Our implementation uses techniques from published academic literature:

  • Boolean Gates: FHEW bootstrapping (Ducas & Micciancio, 2015)
  • Programmable Bootstrapping: TFHE scheme (Chillotti et al., 2020)
  • Ring-LWE: Well-established lattice cryptography

These techniques predate recent patent filings and represent established cryptographic knowledge.

Implementation

fhEVM Architecture

┌─────────────────────────────────────────────────────────────┐
                      Lux fhEVM Stack                         
├─────────────────────────────────────────────────────────────┤
  Solidity Layer (lux/standard/contracts/fhe/)               
    ├── FHE.sol      - High-level encrypted types            
    ├── FheOS.sol    - Precompile interface                  
    └── Tokens/      - ConfidentialERC20, etc.               
├─────────────────────────────────────────────────────────────┤
  EVM Precompiles (lux/evm/precompile/contracts/fhe/)        
    ├── FheAdd, FheSub, FheMul   - Arithmetic                
    ├── FheEq, FheLt, FheGt      - Comparison                
    └── FheDecrypt               - Threshold decryption      
├─────────────────────────────────────────────────────────────┤
  Go TFHE Library (github.com/luxfi/tfhe)                    
    ├── Encryptor    - Public key encryption                 
    ├── Evaluator    - Homomorphic operations                
    └── Decryptor    - Secret key decryption                 
├─────────────────────────────────────────────────────────────┤
  Lattice Primitives (github.com/luxfi/lattice)              
    ├── RLWE         - Ring-LWE encryption                   
    ├── NTT          - Number theoretic transform            
    └── Sampling     - Gaussian/uniform sampling             
└─────────────────────────────────────────────────────────────┘

KMS Virtual Machine

The K-Chain VM (lux/node/vms/kmsvm) provides:

  • Post-quantum key management (ML-KEM)
  • Threshold key sharing
  • Integration with consensus for decryption

Security Considerations

  1. Implementation Security: Code undergoes continuous testing and will receive third-party audit
  2. Parameter Security: Using well-studied security parameters from literature
  3. Side-Channel Resistance: Constant-time operations where cryptographically necessary
  4. Key Management: Threshold scheme prevents single-point-of-failure

Timeline

DateMilestone
2024-Q3Initial Go TFHE implementation
2024-Q4Patent portfolio filed
2024-Q4Lattice library production-ready
2025-Q1fhEVM precompiles integrated
2025-Q2Testnet deployment
2025-Q3Security audit
2025-Q4Mainnet activation

Backwards Compatibility

This LP introduces new FHE capabilities and does not affect existing chain functionality.

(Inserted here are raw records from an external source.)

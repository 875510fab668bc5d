-- ===== src/Server/Serial/Removals.antt =====
-- delete_loop of kvs_delete and its accesses.
use mathlib.Core.Path.{fun_ext, subst}
use so.Common.{
  ◌==◌, ==_iff, ℕ, if◌then◌else◌, Bool, true, false, none, some, List, [], ◌∷◌, ◌++◌, Bytes, codes,
  All, pos, ok, fault, ◌>>=◌, append_assoc, append-nil, ◌≡◌, ◌∙◌, sym, ap, Bool-cases, Option-cases,
  inl, inr, Fault,
}
use so.Server.Kvs.{
  Chain, HashTable, chain_at, set_chain, hash, find_node, delete_pair, KeyNode, unlink,
}
use so.Server.Operations.{delete_loop, Event, sprintf, output, missing_reply}
use so.Server.Operations.Output.{said}
use so.Server.Operations.Locks.{HasBucket}
use so.Server.Serial.{Access, run, update}
use so.Server.Serial.Chains.{IsWhole, located_at, chain_at-set_chain, set_chain-IsWhole, Run-cases}
use so.Server.Serial.Commands.{Local, removals, remove_from, report}

update-same : (f : ℕ → Chain) (i : ℕ) → update f i (f i) ≡ f
update-same f i = fun_ext (λ j. elim (Bool-cases (i == j)) [
  | inl at ↦ rw at (ap f ((==_iff i j).0 at))
  | inr not_at ↦ rw not_at
])

module _ (ht : HashTable) (w : IsWhole ht) (k : Bytes) {i : ℕ} (e : hash k ≡ pos i) where
  delete_pair-found :
      {n : KeyNode}
      → find_node k (chain_at ht i) ≡ some n
      → delete_pair ht k ≡ ok (set_chain ht i (unlink k (chain_at ht i)), 0)
  unfolding delete_pair
  delete_pair-found found = rw (located_at ht w k e, ◌>>=◌, found)

  delete_pair-absent : find_node k (chain_at ht i) ≡ none → delete_pair ht k ≡ ok (ht, 1)
  unfolding delete_pair
  delete_pair-absent absent = rw (located_at ht w k e, ◌>>=◌, absent)

remove_from-found :
    (k : Bytes) (l : Local) (c : Chain) {n : KeyNode}
    → find_node k c ≡ some n
    → remove_from k l c ≡ (l, unlink k c)
remove_from-found k l c found = rw (remove_from, found)

remove_from-absent :
    (k out : Bytes) (b : Bool) (c : Chain) {buffer : Bytes}
    → find_node k c ≡ none
    → sprintf (missing_reply k) ≡ ok buffer
    → remove_from k (ok (out, b)) c
      ≡ (ok (out ++ (if b then buffer else codes "[" ++ buffer), true), c)
remove_from-absent k out b c absent printed = rw (remove_from, absent, report, ◌>>=◌, printed)

-- The events that report a missing key say what the access adds.
abbrev reporting : Bool → Bytes → List Event → List Event
reporting b buffer rest =
    if b then output buffer ∷ rest else output (codes "[") ∷ output buffer ∷ rest

said-reporting :
    (b : Bool) (out buffer : Bytes) (rest : List Event)
    → (out ++ (if b then buffer else codes "[" ++ buffer)) ++ said rest
      ≡ out ++ said (reporting b buffer rest)
said-reporting true out buffer rest = append_assoc out buffer (said rest)
said-reporting false out buffer rest = append_assoc out (codes "[" ++ buffer) (said rest)

pub ok-injective : {A : Type 0} {a b : A} → ok a ≡ ok b → a ≡ b
ok-injective e = cc

module _ (b : Bool) (k : Bytes) (ks : List Bytes) (ht : HashTable)
    (missed : delete_pair ht k ≡ ok (ht, 1)) where
  delete_loop-absent :
      {buffer : Bytes} {r : HashTable × Bool × List Event}
      → sprintf (missing_reply k) ≡ ok buffer
      → delete_loop true ks ht ≡ ok r
      → delete_loop b (k ∷ ks) ht ≡ ok (r.0, r.1, reporting b buffer r.2)
  unfolding delete_loop
  delete_loop-absent printed others = rw (missed, ◌>>=◌, printed, ◌>>=◌, others)

  delete_loop-unprinted :
      {why : Fault} → sprintf (missing_reply k) ≡ fault why → delete_loop b (k ∷ ks) ht ≡ fault why
  unfolding delete_loop
  delete_loop-unprinted stopped = rw (missed, ◌>>=◌, stopped)

  delete_loop-stopped :
      {buffer : Bytes} {why : Fault}
      → sprintf (missing_reply k) ≡ ok buffer
      → delete_loop true ks ht ≡ fault why
      → delete_loop b (k ∷ ks) ht ≡ fault why
  unfolding delete_loop
  delete_loop-stopped printed stopped = rw (missed, ◌>>=◌, printed, ◌>>=◌, stopped)

-- The removals do what the loop does where it returns.
abbrev pub Removes :
    List Bytes
    → List (Access Chain Local)
    → Bytes
    → Bool
    → HashTable
    → HashTable × Bool × List Event
    → Type 0
Removes keys last out b ht r =
    (run (removals keys last) (ok (out, b), chain_at ht)
      ≡ run last (ok (out ++ said r.2, r.1), chain_at r.0))
    × IsWhole r.0

absent-Removes :
    (k : Bytes) (ks : List Bytes) (last : List (Access Chain Local)) (out : Bytes) (b : Bool)
    (ht : HashTable) (s : HashTable × Bool × List Event) (buffer : Bytes) {i : ℕ}
    → hash k ≡ pos i
    → find_node k (chain_at ht i) ≡ none
    → sprintf (missing_reply k) ≡ ok buffer
    → Removes ks last (out ++ (if b then buffer else codes "[" ++ buffer)) true ht s
    → Removes (k ∷ ks) last out b ht (s.0, s.1, reporting b buffer s.2)
unfolding removals run
absent-Removes k ks last out b ht s buffer {i} e absent printed rest = (
  rw e (
        ap (λ r. run (removals ks last) (r.0, update (chain_at ht) i r.1))
          (remove_from-absent k out b (chain_at ht i) absent printed))
      ∙ ap
          (λ f.
            run (removals ks last)
              (ok (out ++ (if b then buffer else codes "[" ++ buffer), true), f))
          (update-same (chain_at ht) i)
      ∙ rest.0
      ∙ ap (λ t. run last (ok (t, s.1), chain_at s.0)) (said-reporting b out buffer s.2),
  rest.1,
)

pub removals-Removes :
    (keys : List Bytes) (last : List (Access Chain Local)) (out : Bytes) (b : Bool) (ht : HashTable)
    (r : HashTable × Bool × List Event)
    → IsWhole ht
    → All HasBucket keys
    → delete_loop b keys ht ≡ ok r
    → Removes keys last out b ht r
unfolding delete_loop removals run
removals-Removes [] last out b ht r w all ended =
    subst (Removes [] last out b ht) (ok-injective ended) (rw (append-nil), w)
removals-Removes (k ∷ ks) last out b ht r w ((i, e), all) ended =
    elim (Option-cases (find_node k (chain_at ht i))) [
      | inr (n, found) ↦
          let c = unlink k (chain_at ht i) in
          let next =
            removals-Removes ks last out b (set_chain ht i c) r (set_chain-IsWhole ht w k e c) all
              (rw (delete_pair-found ht w k e found, ◌>>=◌) at ended) in
          (
            rw e (
                  ap (λ r. run (removals ks last) (r.0, update (chain_at ht) i r.1))
                    (remove_from-found k (ok (out, b)) (chain_at ht i) found))
                ∙ ap (λ f. run (removals ks last) (ok (out, b), f))
                    (sym (chain_at-set_chain ht w k e c))
                ∙ next.0,
            next.1,
          )
      | inl absent ↦
          let missed = delete_pair-absent ht w k e absent in
          elim (Run-cases (sprintf (missing_reply k))) [
            | inr (why, stopped) ↦ let no = delete_loop-unprinted b k ks ht missed stopped in cc
            | inl (buffer, printed) ↦ elim (Run-cases (delete_loop true ks ht)) [
              | inr (why, stopped) ↦
                  let no = delete_loop-stopped b k ks ht missed printed stopped in cc
              | inl (s, answered) ↦
                  subst (Removes (k ∷ ks) last out b ht)
                    (ok-injective
                      (sym (delete_loop-absent b k ks ht missed printed answered) ∙ ended))
                    (absent-Removes k ks last out b ht s buffer e absent printed
                      (removals-Removes ks last _ true ht s w all answered))
            ]
          ]
    ]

The implementation is additive and opt-in for applications requiring confidential computation.

Security Considerations

FHE implementations must undergo cryptographic audit before mainnet deployment. Key security aspects:

  • Parameter selection must ensure adequate security margins
  • Key management follows existing chain security practices
  • Bootstrapping key generation uses audited random number sources

References

  1. Chillotti, I., Gama, N., Georgieva, M., & Izabachène, M. (2020). "TFHE: Fast Fully Homomorphic Encryption Over the Torus." Journal of Cryptology.

  2. Ducas, L., & Micciancio, D. (2015). "FHEW: Bootstrapping Homomorphic Encryption in Less Than a Second." EUROCRYPT 2015.